Beyaz Saray: Mesajlaşmalar gerçek görünüyor
Ulusal Güvenlik Konseyi Sözcüsü Brian Hughes, mesajlaşmanın “gerçek göründüğünü” ve yanlışlıkla bir kişinin gruba eklenmiş olabileceğini söyledi. “Bu mesajlar, üst düzey yetkililer arasındaki derin politika koordinasyonunun bir göstergesidir. Operasyonun başarısı, ulusal güvenliğe bir tehdit oluşmadığını göstermektedir” dedi.
Beyaz Saray, olayın ardından Trump’ın bilgilendirildiğini ve soruşturmanın sürdüğünü duyurdu. Trump ise gazetecilere verdiği kısa açıklamada, “Hiçbir şey bilmiyorum. The Atlantic’in de pek hayranı değilim” demekle yetindi.
Demokratlardan sert tepki: Kongre soruşturması isteniyor
Olay, ABD siyasetinde büyük yankı uyandırırken, Demokrat senatörler konunun ulusal güvenlik açısından ciddi bir ihlal olduğunu savunarak Kongre’nin devreye girmesini talep etti.

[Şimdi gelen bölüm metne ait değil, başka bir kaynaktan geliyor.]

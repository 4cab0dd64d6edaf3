-- ===== src/Breakpoints/Unchanged.antt =====
-- Restamping touches nothing but breakpoints.
use umans_gate.Base.{ℕ, suc, ◌≡◌, refl, Bool, List, [], ◌∷◌, Option, none, some, arith, map, ◌&&◌}
use umans_gate.Breakpoints.{
  ContentBlock, Content, absent, text, blocks, Message, AnthropicBody, last_user, restamp_block,
  is_last, restamp_blocks, restamp_content, is_target, restamp_messages, strip_breakpoint,
  with_breakpoint, strip_all, restamp_first, restamp_system, restamp_breakpoints,
}

module _ {R : Type 0} where
  -- What is left of a body when all cache controls are taken off.
  abbrev pub bare_block : ContentBlock R → ContentBlock R
  bare_block b = record b { cache_control = none }

  abbrev pub bare_content : Content R → Content R
  bare_content (blocks bs) = blocks (map bare_block bs)
  bare_content c = c

  abbrev pub bare_message : Message R → Message R
  bare_message m = record m { content = bare_content m.content }

  abbrev pub bare_messages : Option (List (Message R)) → Option (List (Message R))
  bare_messages none = none
  bare_messages (some ms) = some (map bare_message ms)

  abbrev pub bare : AnthropicBody R → AnthropicBody R
  bare body = record body {
    messages = bare_messages body.messages;
    system = bare_content body.system;
  }

  bare-restamp_block :
      (should : Bool) (b : ContentBlock R) → bare_block (restamp_block should b).0 ≡ bare_block b
  unfolding restamp_block with_breakpoint strip_breakpoint
  bare-restamp_block should b = ground arith

  bare-restamp_blocks :
      (last : Bool) (bs : List (ContentBlock R))
      → map bare_block (restamp_blocks last bs).0 ≡ map bare_block bs
  unfolding restamp_blocks
  bare-restamp_blocks last [] = refl
  bare-restamp_blocks last (b ∷ bs) =
      rw (bare-restamp_block (last && is_last bs) b, bare-restamp_blocks last bs) refl

  bare-restamp_content :
      (last : Bool) (c : Content R) → bare_content (restamp_content last c).0 ≡ bare_content c
  unfolding restamp_content
  bare-restamp_content last absent = refl
  bare-restamp_content last (text t) = refl
  bare-restamp_content last (blocks bs) = ground (arith, bare-restamp_blocks last bs)

  bare-restamp_messages :
      (target : Option ℕ) (i : ℕ) (ms : List (Message R))
      → map bare_message (restamp_messages target i ms).0 ≡ map bare_message ms
  unfolding restamp_messages
  bare-restamp_messages target i [] = refl
  bare-restamp_messages target i (m ∷ ms) =
      rw
        (
          bare-restamp_content (is_target target i) m.content,
          bare-restamp_messages target (suc i) ms,
        )
        refl

  bare-strip_all :
      (bs : List (ContentBlock R)) → map bare_block (strip_all bs).0 ≡ map bare_block bs
  unfolding strip_all strip_breakpoint
  bare-strip_all [] = refl
  bare-strip_all (b ∷ bs) = ground (arith, bare-strip_all bs)

  bare-restamp_system : (c : Content R) → bare_content (restamp_system c).0 ≡ bare_content c
  unfolding restamp_system restamp_first with_breakpoint
  bare-restamp_system absent = refl
  bare-restamp_system (text t) = refl
  bare-restamp_system (blocks []) = refl
  bare-restamp_system (blocks (b ∷ bs)) = ground (arith, bare-strip_all bs)

  bare_at :
      (body : AnthropicBody R) (o : Option (List (Message R)))
      → body.messages ≡ o
      → bare (restamp_breakpoints body).0 ≡ bare body
  unfolding restamp_breakpoints
  bare_at body none e = ground (arith, e)
  bare_at body (some []) e = ground (arith, e)
  bare_at body (some (m ∷ ms)) e = ground (
    arith,
    e,
    bare-restamp_messages (last_user 0 (m ∷ ms)) 0 (m ∷ ms),
    bare-restamp_system body.system,
  )

  -- A restamped body differs from the body it was made of in nothing but cache controls.
  pub bare-restamp_breakpoints :
      (body : AnthropicBody R) → bare (restamp_breakpoints body).0 ≡ bare body
  bare-restamp_breakpoints body = bare_at body body.messages refl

Senato Demokrat Lideri Chuck Schumer, “Bu, son yıllarda okuduğum en büyük askeri istihbarat ihlallerinden biri. Bu konunun peşini bırakmayacağız” dedi. Cumhuriyetçi Senatör John Thune da “Her şeyi öğrenmeliyiz. Bu konuda bir plan hazırlayacağız” açıklamasında bulundu.
Signal mesajlaşma uygulaması tartışma yarattı
Sızan mesajların Signal uygulamasında, kendi kendini imha eden mesajlarla gönderildiği öne sürülürken, bu durum federal arşiv yasalarının da ihlal edilmiş olabileceği yönünde tartışmaları beraberinde getirdi. ABD yasalarına göre gizli bilgilerin uygunsuz biçimde paylaşılması suç teşkil edebilir.
Signal’in devlet sistemlerine entegre olmayan bağımsız bir platform olması, uygulamanın Beyaz Saray güvenlik protokollerine aykırı biçimde kullanıldığı eleştirilerine neden oldu.
Demokrat Senatör Elizabeth Warren, Signal üzerinden ulusal güvenlik meselelerinin tartışılmasını “açıkça yasa dışı ve inanılmaz derecede tehlikeli” olarak nitelendirdi. Senatör Chris Coons ise “Bu mesajlaşma zincirinde yer alan herkes — kazaen bile olsa — yasa ihlali yapmıştır ve normal şartlarda bu hapis cezası gerektirir” dedi.
Şimdilik Beyaz Saray cephesinden görevden alma ya da istifa sinyali verilmezken, Trump yönetimi olayın büyümemesi için süreci izliyor.